TASK DATA:
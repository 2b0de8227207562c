-- ===== src/Client/Scan/Structures.antt =====
-- The structures of advertising data, as they are laid out in bytes and read back.
use bluepy.Client.Scan.{has_item, set_item, ScanData, update_data}
use bluepy.Common.{
  length-drop, take-append, drop-append, sym, ◌∙◌, true, length-append, zero, append_assoc, not,
  arith, refl, suc, ◌<◌, ◌+◌, ◌≤◌, ◌++◌, false, length, ◌≡◌, drop, ◌||◌, take, ℕ, Text, Bool, List,
  [], ◌∷◌,
}

-- A structure: its type and its bytes, behind the length of both.
abbrev pub lay_out : List (ℕ × Text) → Text
lay_out [] = []
lay_out ((sdid, val) ∷ items) = (length val + 1) ∷ sdid ∷ (val ++ lay_out items)

-- The dictionary after all items, in their order.
abbrev pub set_items : List (ℕ × Text) → ScanData → ScanData
set_items [] scan_data = scan_data
set_items ((sdid, val) ∷ items) scan_data = set_items items (set_item sdid val scan_data)

-- One of the items is not what the dictionary has when it is its turn.
abbrev pub news : List (ℕ × Text) → ScanData → Bool
news [] scan_data = false
news ((sdid, val) ∷ items) scan_data =
    not (has_item sdid val scan_data) || news items (set_item sdid val scan_data)

or_shift : (a b c : Bool) → (b || (a || c)) ≡ ((a || b) || c)
or_shift true true c = refl
or_shift true false c = refl
or_shift false b c = refl

two_more : (n : ℕ) → n + 1 + 1 ≡ suc (suc n)
two_more n = omega arith

-- `data[2 : sdlen + 1]` and `data[sdlen + 1 :]`
slice-value :
    (sdid : ℕ) (val t : Text)
    → drop 2 (take (length val + 1 + 1) ((length val + 1) ∷ sdid ∷ (val ++ t))) ≡ val
slice-value sdid val t = rw (two_more (length val)) (take-append val t)

slice-rest :
    (sdid : ℕ) (val t : Text) → drop (length val + 1 + 1) ((length val + 1) ∷ sdid ∷ (val ++ t)) ≡ t
slice-rest sdid val t = rw (two_more (length val)) (drop-append val t)

update_data-structure :
    (fuel sdid : ℕ) (val t : Text) (scan_data : ScanData) (is_new : Bool)
    → update_data (suc fuel) ((length val + 1) ∷ sdid ∷ (val ++ t)) scan_data is_new
      ≡ update_data fuel t
          (set_item sdid val scan_data)
          (not (has_item sdid val scan_data) || is_new)
unfolding update_data
update_data-structure fuel sdid val t scan_data is_new =
    rw (update_data, slice-value sdid val t, slice-rest sdid val t) refl

update_data-end :
    (fuel : ℕ) (rest : Text) (scan_data : ScanData) (is_new : Bool)
    → length rest < 2
    → update_data fuel rest scan_data is_new ≡ (scan_data, is_new)
unfolding update_data
update_data-end zero rest scan_data is_new h = refl
update_data-end (suc fuel) [] scan_data is_new h = refl
update_data-end (suc fuel) (c ∷ []) scan_data is_new h = refl
update_data-end (suc fuel) (c ∷ d ∷ rest) scan_data is_new h = absurd (omega arith)

-- Structures that are laid out one behind the other, and at most one byte behind them, are all read
-- back: `set_item` has been done for each of them in its order, and there is new data if `has_item`
-- denied one of them when its turn came.
pub update_data-lay_out :
    (fuel : ℕ) (items : List (ℕ × Text)) (rest : Text) (scan_data : ScanData) (is_new : Bool)
    → length (lay_out items) ≤ fuel
    → length rest < 2
    → update_data fuel (lay_out items ++ rest) scan_data is_new
      ≡ (set_items items scan_data, (news items scan_data || is_new))
unfolding update_data
update_data-lay_out fuel [] rest scan_data is_new h r = update_data-end fuel rest scan_data is_new r
update_data-lay_out zero ((sdid, val) ∷ items) rest scan_data is_new h r = absurd (omega arith)
update_data-lay_out (suc fuel) ((sdid, val) ∷ items) rest scan_data is_new h r = rw (
  append_assoc val (lay_out items) rest,
  update_data-structure fuel sdid val (lay_out items ++ rest) scan_data is_new,
  update_data-lay_out fuel items rest (set_item sdid val scan_data)
      (not (has_item sdid val scan_data) || is_new)
      (omega (arith, length-append val (lay_out items))) r,
  or_shift,
)

length-drop_suc : (n c : ℕ) (s : Text) → length (drop (n + 1) (c ∷ s)) ≤ length s
length-drop_suc n c s = let e : n + 1 ≡ suc n = omega arith in rw e (omega (arith, length-drop n s))

-- As much fuel as there are bytes is enough for any data, also for structures whose length is 0 or
-- more than is left: more fuel changes nothing.
pub update_data-fuel :
    (f g : ℕ) (data' : Text) (scan_data : ScanData) (is_new : Bool)
    → length data' ≤ f
    → length data' ≤ g
    → update_data f data' scan_data is_new ≡ update_data g data' scan_data is_new
unfolding update_data
update_data-fuel f g [] scan_data is_new h k =
    update_data-end f [] scan_data is_new (omega arith)
    ∙ sym (update_data-end g [] scan_data is_new (omega arith))
update_data-fuel f g (c ∷ []) scan_data is_new h k =
    update_data-end f (c ∷ []) scan_data is_new (omega arith)
    ∙ sym (update_data-end g (c ∷ []) scan_data is_new (omega arith))
update_data-fuel zero g (c ∷ d ∷ s) scan_data is_new h k = absurd (omega arith)
update_data-fuel (suc f) zero (c ∷ d ∷ s) scan_data is_new h k = absurd (omega arith)
update_data-fuel (suc f) (suc g) (c ∷ d ∷ s) scan_data is_new h k =
    update_data-fuel f g (drop (c + 1) (c ∷ d ∷ s)) _ _ (omega (arith, length-drop_suc c c (d ∷ s)))
      (omega (arith, length-drop_suc c c (d ∷ s)))
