-- ===== src/Client/Scan/Values.antt =====
-- `ScanEntry`: the values of the structures that a device has advertised, and their texts.
--
-- bluepy/btle.py, lines 751 to 802. Python's decoder of UTF-8 is a parameter, which is none where it
-- raises an error.
use bluepy.Client.Scanner.{b2a_hex}
use bluepy.Client.Uuid.{make_uuid, uuid_text}
use bluepy.Client.Scan.{ScanData}
use bluepy.Common.Hex.{show_byte}
pub mod Services
use bluepy.Client.Parse.{◌>>=◌, Result, ok}
use bluepy.Common.{
  ◌&&◌, ◌||◌, take, leb, ltb, drop, ◌==◌, map, some, suc, Bool, length, none, if◌then◌else◌, codes,
  ◌++◌, Option, List, Text, ℕ, [], ◌∷◌,
}

-- The loop of `_decodeUUID` over the bytes, the digits of each before those of the last.
unfoldable pub big_endian : Text → Text → Text
big_endian [] rs = rs
big_endian (b ∷ bs) rs = big_endian bs (show_byte b ++ rs)

-- `_decodeUUID`, for at most as many bytes as there are
unfoldable pub decode_uuid : Text → ℕ → Result (Option Text)
decode_uuid val nbytes =
    if ltb (length val) nbytes
    then ok none
    else make_uuid (big_endian (take nbytes val) []) >>= λ uuid. ok (some uuid)

-- The loop of `_decodeUUIDlist`, on the bytes from the index on.
unfoldable pub decode_from : ℕ → Text → ℕ → Result (List (Option Text))
decode_from (suc fuel) (b ∷ bs) nbytes =
    let val = b ∷ bs in
    let rest = decode_from fuel (drop nbytes val) nbytes in
    if leb nbytes (length val)
    then (decode_uuid (take nbytes val) nbytes >>= λ uuid. rest >>= λ us. ok (uuid ∷ us))
    else rest
decode_from _ _ nbytes = ok []

-- `_decodeUUIDlist`; each round passes one byte at least.
unfoldable pub decode_uuid_list : Text → ℕ → Result (List (Option Text))
decode_uuid_list val nbytes = decode_from (length val) val nbytes

-- What `getValue` returns.
pub data ScanValue : Type 0 where
  absent : ScanValue
  name : Text → ScanValue
  uuids : List (Option Text) → ScanValue
  raw : Text → ScanValue

-- `self.scanData.get(sdid, None)`
unfoldable pub get_item : ℕ → ScanData → Option Text
get_item sdid [] = none
get_item sdid ((k, v) ∷ scan_data) =
    let rest = get_item sdid scan_data in if k == sdid then some v else rest

-- `[SHORT_LOCAL_NAME, COMPLETE_LOCAL_NAME]`
abbrev pub is_name : ℕ → Bool
is_name sdid = sdid == 0x08 || sdid == 0x09

-- How many bytes a UUID has in a structure of that type, if it is a list of services.
abbrev pub uuid_size : ℕ → Option ℕ
uuid_size sdid =
    if sdid == 0x02 || sdid == 0x03
    then some 2
    else if sdid == 0x04 || sdid == 0x05
    then some 4
    else if sdid == 0x06 || sdid == 0x07
    then some 16
    else none

-- `chr(x) if (x>=32 and x<=127) else '?'`
abbrev pub printable : ℕ → ℕ
printable x = if leb 32 x && leb x 127 then x else b'?'

-- `','.join(…)`
unfoldable pub join_commas : List Text → Text
join_commas [] = []
join_commas (s ∷ []) = s
join_commas (s ∷ t ∷ ts) = s ++ b',' ∷ join_commas (t ∷ ts)

-- `str(v)` of a UUID or of None
abbrev pub uuid_str : Option Text → Text
uuid_str none = codes "None"
uuid_str (some uuid) = uuid_text uuid

-- `getValueText` of a value
unfoldable pub value_text : ScanValue → Option Text
value_text absent = none
value_text (name s) = some s
value_text (uuids us) = some (join_commas (map uuid_str us))
value_text (raw val) = some (b2a_hex val)

module _ (utf8 : Text → Option Text) where
  unfoldable pub decode_name : Text → Text
  decode_name val = elim (utf8 val) [ some s ↦ s | none ↦ map printable val ]

  unfoldable pub decode_value : ℕ → Text → Result ScanValue
  decode_value sdid val =
      if is_name sdid then ok (name (decode_name val)) else elim (uuid_size sdid) [
        | some nbytes ↦ decode_uuid_list val nbytes >>= λ us. ok (uuids us)
        | none ↦ ok (raw val)
      ]

  -- `getValue`
  unfoldable pub get_value : ℕ → ScanData → Result ScanValue
  get_value sdid scan_data = elim (get_item sdid scan_data) [
    | none ↦ ok absent
    | some val ↦ decode_value sdid val
  ]

  -- `getValueText`
  unfoldable pub get_value_text : ℕ → ScanData → Result (Option Text)
  get_value_text sdid scan_data = get_value sdid scan_data >>= λ value. ok (value_text value)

THE PROBLEM: The string to find is "there"; copy every line of the listing that has it.

FINAL ANSWER:
-- back: `set_item` has been done for each of them in its order, and there is new data if `has_item`
-- As much fuel as there are bytes is enough for any data, also for structures whose length is 0 or
-- `_decodeUUID`, for at most as many bytes as there are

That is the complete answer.